- _Aim of the exercise_
Each record must be printed again exactly as it appears.

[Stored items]
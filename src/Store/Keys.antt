-- ===== src/Store/Keys.antt =====
-- internal/store/store.go and api_keys.go: the methods on api_keys and workers.
pub mod Laws
use web_scraper.Go.Strings.{text_le}
use web_scraper.Base.{
  ℕ, ◌+◌, ◌<◌, Bool, true, false, not, ◌&&◌, ◌||◌, Option, none, some, List, [], ◌∷◌, ◌++◌, Text,
  codes, text_eq, is_empty, ◌==◌, ltb, leb, if◌then◌else◌, find_where, update_where, count_where,
  select_where, insertion_sort, take, map,
}
use web_scraper.Base.Int.{ℤ, pos, negsuc, ltb_ℤ}
use web_scraper.Model.{Job, Worker}
use web_scraper.Store.Db.{
  KeyRow, JobRow, WorkerRow, Db, Result, ok, err, no_rows, name_required, db_error, ◌>>=◌, Sql,
  Link, over, Postgres,
}
use web_scraper.Store.Jobs.{has_id, scan_job, cast, with_row}

pub record ApiKey : Type 0 where
  pub id : Text
  pub name : Text
  pub prefix : Text
  pub rate_limit_per_minute : ℕ

pub record CreatedApiKey : Type 0 where
  pub key : ApiKey
  pub secret : Text

pub record ApiKeyRecord : Type 0 where
  pub key : ApiKey
  pub created_at : ℕ
  pub last_used_at : Option ℕ
  pub revoked_at : Option ℕ

-- `rpm <= 0` becomes 120
unfoldable pub requests_per_minute : ℤ → ℕ
requests_per_minute (pos n) = if n == 0 then 120 else n
requests_per_minute (negsuc n) = 120

-- the range of the column's type, integer
abbrev int4_limit : ℕ
int4_limit = 2147483648

abbrev is_null : Option ℕ → Bool
is_null none = true
is_null (some _) = false

abbrev or_now : Option ℕ → ℕ → Option ℕ
or_now none now = some now
or_now (some t) now = some t

abbrev pub revoke : ℕ → KeyRow → KeyRow
revoke now k = record k { revoked_at = or_now k.revoked_at now }

unfoldable pub key_has_id : ℕ → KeyRow → Bool
key_has_id u k = k.id == u

-- key_hash=$1 AND revoked_at IS NULL
unfoldable pub unlocks : Text → KeyRow → Bool
unlocks h k = text_eq k.key_hash h && is_null k.revoked_at

abbrev use_at : ℕ → KeyRow → KeyRow
use_at now k = record k { last_used_at = some now }

-- the UNIQUE constraints on id and key_hash
unfoldable pub key_is_new : ℕ → Text → Db → Bool
key_is_new id h db =
    count_where (key_has_id id) db.api_keys == 0
    && count_where (λ k. text_eq (KeyRow.key_hash k) h) db.api_keys == 0

unfoldable pub new_key : ℕ → ℕ → Text → Text → Text → ℕ → KeyRow
new_key id now name raw h rpm = record {
  id = id;
  name = name;
  key_prefix = take 16 raw;
  key_hash = h;
  rate_limit_per_minute = rpm;
  created_at = now;
  last_used_at = none;
  revoked_at = none;
}

abbrev worker_row : ℕ → Text → List Text → WorkerRow
worker_row now id capabilities = record { id = id; last_seen = now; capabilities = capabilities }

-- INSERT INTO workers … ON CONFLICT (id) DO UPDATE
unfoldable pub touch_worker : Link → ℕ → Text → List Text → Sql (Unit {0})
unfolding over
touch_worker link now id capabilities = over link λ db.
    let same = λ (w : WorkerRow). text_eq w.id id in
    (
      ok tt,
      record db {
        workers =
            if count_where same db.workers == 0
            then db.workers ++ worker_row now id capabilities ∷ []
            else update_where same (λ _. worker_row now id capabilities) db.workers;
      },
    )

abbrev worker_of : WorkerRow → Worker
worker_of w = record { id = w.id; last_seen = w.last_seen; capabilities = w.capabilities }

unfoldable pub list_workers : Link → Sql (List Worker)
unfolding over
list_workers link = over link λ db.
    (ok (map worker_of (insertion_sort (λ (a b : WorkerRow). text_le a.id b.id) db.workers)), db)

-- `hash` is `hashKey`, the hexadecimal SHA-256 of a key; nothing is assumed of it.
module _ (pg : Postgres) (hash : Text → Text) where
  open pg use {show_uuid, parse_uuid}

  unfoldable pub scan_key : KeyRow → ApiKey
  scan_key k = record {
    id = show_uuid k.id;
    name = k.name;
    prefix = k.key_prefix;
    rate_limit_per_minute = k.rate_limit_per_minute;
  }

  abbrev pub with_key : {A : Type 0} → Option KeyRow → (KeyRow → Result A) → Result A
  with_key none f = err no_rows
  with_key (some k) f = f k

  -- INSERT INTO api_keys … RETURNING
  unfoldable pub insert_key : Link → KeyRow → Text → Sql CreatedApiKey
  unfolding over scan_key
  insert_key link row raw = over link λ d.
      if ltb row.rate_limit_per_minute int4_limit && key_is_new row.id row.key_hash d
      then (
        ok (record { key = scan_key row; secret = raw }),
        record d { api_keys = d.api_keys ++ row ∷ [] },
      )
      else (err db_error, d)

  -- `secret` is the base64url text of the 32 random bytes, `none` if the generator failed
  unfoldable pub create_api_key : Link → ℕ → ℕ → Option Text → Text → ℤ → Sql CreatedApiKey
  create_api_key link fresh now secret name rpm db = elim (is_empty name) [
    | true ↦ (err name_required, db)
    | false ↦ elim secret [
      | none ↦ (err db_error, db)
      | some s ↦
          insert_key link
            (new_key fresh now name (codes "ws_live_" ++ s) (hash (codes "ws_live_" ++ s))
              (requests_per_minute rpm))
            (codes "ws_live_" ++ s) db
    ]
  ]

  unfoldable pub authenticate_api_key : Link → ℕ → Text → Sql ApiKey
  unfolding over scan_key
  authenticate_api_key link now raw = over link λ db. (
    with_key (find_where (unlocks (hash raw)) db.api_keys) (λ k. ok (scan_key k)),
    record db { api_keys = update_where (unlocks (hash raw)) (use_at now) db.api_keys },
  )

  -- the UPDATE … RETURNING id of one key, after the cast of its id
  unfoldable revoke_row : ℕ → Option ℕ → Sql (Unit {0})
  revoke_row now none db = (err db_error, db)
  revoke_row now (some u) db = (
    with_key (find_where (key_has_id u) db.api_keys) (λ _. ok tt),
    record db { api_keys = update_where (key_has_id u) (revoke now) db.api_keys },
  )

  unfoldable pub revoke_api_key : Link → ℕ → Text → Sql (Unit {0})
  unfolding over revoke_row
  revoke_api_key link now id = over link λ db. revoke_row now (parse_uuid id) db

  unfoldable pub list_api_keys : Link → Sql (List ApiKeyRecord)
  unfolding over scan_key
  list_api_keys link = over link λ db.
      let newest_first = λ (a b : KeyRow). leb b.created_at a.created_at in
      let show = λ (k : KeyRow).
        let r : ApiKeyRecord = record {
          key = scan_key k;
          created_at = k.created_at;
          last_used_at = k.last_used_at;
          revoked_at = k.revoked_at;
        } in
        r in
      (ok (map show (insertion_sort newest_first db.api_keys)), db)

  -- JOIN api_keys k ON k.id=j.requested_by WHERE … k.key_hash=$2 AND k.revoked_at IS NULL
  unfoldable pub readable : Text → List KeyRow → JobRow → Bool
  readable raw keys j =
      not (count_where (λ k. KeyRow.id k == j.requested_by && unlocks (hash raw) k) keys == 0)

  unfoldable pub get_job_by_api_key : Link → Text → Text → Sql Job
  unfolding over scan_job has_id readable
  get_job_by_api_key link id raw = over link λ db. (
    cast (parse_uuid id) (λ u.
        with_row (find_where (λ j. has_id u j && readable raw db.api_keys j) db.jobs)
          (λ r. ok (scan_job pg r))),
    db,
  )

- _Response area_
filename src/Store/Keys.antt
-- ===== src/Store/Keys.antt =====
-- internal/store/store.go and api_keys.go: the methods on api_keys and workers.
pub mod Laws
use web_scraper.Go.Strings.{text_le}
use web_scraper.Base.{
  ℕ, ◌+◌, ◌<◌, Bool, true, false, not, ◌&&◌, ◌||◌, Option, none, some, List, [], ◌∷◌, ◌++◌, Text,
  codes, text_eq, is_empty, ◌==◌, ltb, leb, if◌then◌else◌, find_where, update_where, count_where,
  select_where, insertion_sort, take, map,
}
use web_scraper.Base.Int.{ℤ, pos, negsuc, ltb_ℤ}
use web_scraper.Model.{Job, Worker}
use web_scraper.Store.Db.{
  KeyRow, JobRow, WorkerRow, Db, Result, ok, err, no_rows, name_required, db_error, ◌>>=◌, Sql,
  Link, over, Postgres,
}
use web_scraper.Store.Jobs.{has_id, scan_job, cast, with_row}

pub record ApiKey : Type 0 where
  pub id : Text
  pub name : Text
  pub prefix : Text
  pub rate_limit_per_minute : ℕ

pub record CreatedApiKey : Type 0 where
  pub key : ApiKey
  pub secret : Text

pub record ApiKeyRecord : Type 0 where
  pub key : ApiKey
  pub created_at : ℕ
  pub last_used_at : Option ℕ
  pub revoked_at : Option ℕ

-- `rpm <= 0` becomes 120
unfoldable pub requests_per_minute : ℤ → ℕ
requests_per_minute (pos n) = if n == 0 then 120 else n
requests_per_minute (negsuc n) = 120

-- the range of the column's type, integer
abbrev int4_limit : ℕ
int4_limit = 2147483648

abbrev is_null : Option ℕ → Bool
is_null none = true
is_null (some _) = false

abbrev or_now : Option ℕ → ℕ → Option ℕ
or_now none now = some now
or_now (some t) now = some t

abbrev pub revoke : ℕ → KeyRow → KeyRow
revoke now k = record k { revoked_at = or_now k.revoked_at now }

unfoldable pub key_has_id : ℕ → KeyRow → Bool
key_has_id u k = k.id == u

-- key_hash=$1 AND revoked_at IS NULL
unfoldable pub unlocks : Text → KeyRow → Bool
unlocks h k = text_eq k.key_hash h && is_null k.revoked_at

abbrev use_at : ℕ → KeyRow → KeyRow
use_at now k = record k { last_used_at = some now }

-- the UNIQUE constraints on id and key_hash
unfoldable pub key_is_new : ℕ → Text → Db → Bool
key_is_new id h db =
    count_where (key_has_id id) db.api_keys == 0
    && count_where (λ k. text_eq (KeyRow.key_hash k) h) db.api_keys == 0

unfoldable pub new_key : ℕ → ℕ → Text → Text → Text → ℕ → KeyRow
new_key id now name raw h rpm = record {
  id = id;
  name = name;
  key_prefix = take 16 raw;
  key_hash = h;
  rate_limit_per_minute = rpm;
  created_at = now;
  last_used_at = none;
  revoked_at = none;
}

abbrev worker_row : ℕ → Text → List Text → WorkerRow
worker_row now id capabilities = record { id = id; last_seen = now; capabilities = capabilities }

-- INSERT INTO workers … ON CONFLICT (id) DO UPDATE
unfoldable pub touch_worker : Link → ℕ → Text → List Text → Sql (Unit {0})
unfolding over
touch_worker link now id capabilities = over link λ db.
    let same = λ (w : WorkerRow). text_eq w.id id in
    (
      ok tt,
      record db {
        workers =
            if count_where same db.workers == 0
            then db.workers ++ worker_row now id capabilities ∷ []
            else update_where same (λ _. worker_row now id capabilities) db.workers;
      },
    )

abbrev worker_of : WorkerRow → Worker
worker_of w = record { id = w.id; last_seen = w.last_seen; capabilities = w.capabilities }

unfoldable pub list_workers : Link → Sql (List Worker)
unfolding over
list_workers link = over link λ db.
    (ok (map worker_of (insertion_sort (λ (a b : WorkerRow). text_le a.id b.id) db.workers)), db)

-- `hash` is `hashKey`, the hexadecimal SHA-256 of a key; nothing is assumed of it.
module _ (pg : Postgres) (hash : Text → Text) where
  open pg use {show_uuid, parse_uuid}

  unfoldable pub scan_key : KeyRow → ApiKey
  scan_key k = record {
    id = show_uuid k.id;
    name = k.name;
    prefix = k.key_prefix;
    rate_limit_per_minute = k.rate_limit_per_minute;
  }

  abbrev pub with_key : {A : Type 0} → Option KeyRow → (KeyRow → Result A) → Result A
  with_key none f = err no_rows
  with_key (some k) f = f k

  -- INSERT INTO api_keys … RETURNING
  unfoldable pub insert_key : Link → KeyRow → Text → Sql CreatedApiKey
  unfolding over scan_key
  insert_key link row raw = over link λ d.
      if ltb row.rate_limit_per_minute int4_limit && key_is_new row.id row.key_hash d
      then (
        ok (record { key = scan_key row; secret = raw }),
        record d { api_keys = d.api_keys ++ row ∷ [] },
      )
      else (err db_error, d)

  -- `secret` is the base64url text of the 32 random bytes, `none` if the generator failed
  unfoldable pub create_api_key : Link → ℕ → ℕ → Option Text → Text → ℤ → Sql CreatedApiKey
  create_api_key link fresh now secret name rpm db = elim (is_empty name) [
    | true ↦ (err name_required, db)
    | false ↦ elim secret [
      | none ↦ (err db_error, db)
      | some s ↦
          insert_key link
            (new_key fresh now name (codes "ws_live_" ++ s) (hash (codes "ws_live_" ++ s))
              (requests_per_minute rpm))
            (codes "ws_live_" ++ s) db
    ]
  ]

  unfoldable pub authenticate_api_key : Link → ℕ → Text → Sql ApiKey
  unfolding over scan_key
  authenticate_api_key link now raw = over link λ db. (
    with_key (find_where (unlocks (hash raw)) db.api_keys) (λ k. ok (scan_key k)),
    record db { api_keys = update_where (unlocks (hash raw)) (use_at now) db.api_keys },
  )

  -- the UPDATE … RETURNING id of one key, after the cast of its id
  unfoldable revoke_row : ℕ → Option ℕ → Sql (Unit {0})
  revoke_row now none db = (err db_error, db)
  revoke_row now (some u) db = (
    with_key (find_where (key_has_id u) db.api_keys) (λ _. ok tt),
    record db { api_keys = update_where (key_has_id u) (revoke now) db.api_keys },
  )

  unfoldable pub revoke_api_key : Link → ℕ → Text → Sql (Unit {0})
  unfolding over revoke_row
  revoke_api_key link now id = over link λ db. revoke_row now (parse_uuid id) db

  unfoldable pub list_api_keys : Link → Sql (List ApiKeyRecord)
  unfolding over scan_key
  list_api_keys link = over link λ db.
      let newest_first = λ (a b : KeyRow). leb b.created_at a.created_at in
      let show = λ (k : KeyRow).
        let r : ApiKeyRecord = record {
          key = scan_key k;
          created_at = k.created_at;
          last_used_at = k.last_used_at;
          revoked_at = k.revoked_at;
        } in
        r in
      (ok (map show (insertion_sort newest_first db.api_keys)), db)

  -- JOIN api_keys k ON k.id=j.requested_by WHERE … k.key_hash=$2 AND k.revoked_at IS NULL
  unfoldable pub readable : Text → List KeyRow → JobRow → Bool
  readable raw keys j =
      not (count_where (λ k. KeyRow.id k == j.requested_by && unlocks (hash raw) k) keys == 0)

  unfoldable pub get_job_by_api_key : Link → Text → Text → Sql Job
  unfolding over scan_job has_id readable
  get_job_by_api_key link id raw = over link λ db. (
    cast (parse_uuid id) (λ u.
        with_row (find_where (λ j. has_id u j && readable raw db.api_keys j) db.jobs)
          (λ r. ok (scan_job pg r))),
    db,
  )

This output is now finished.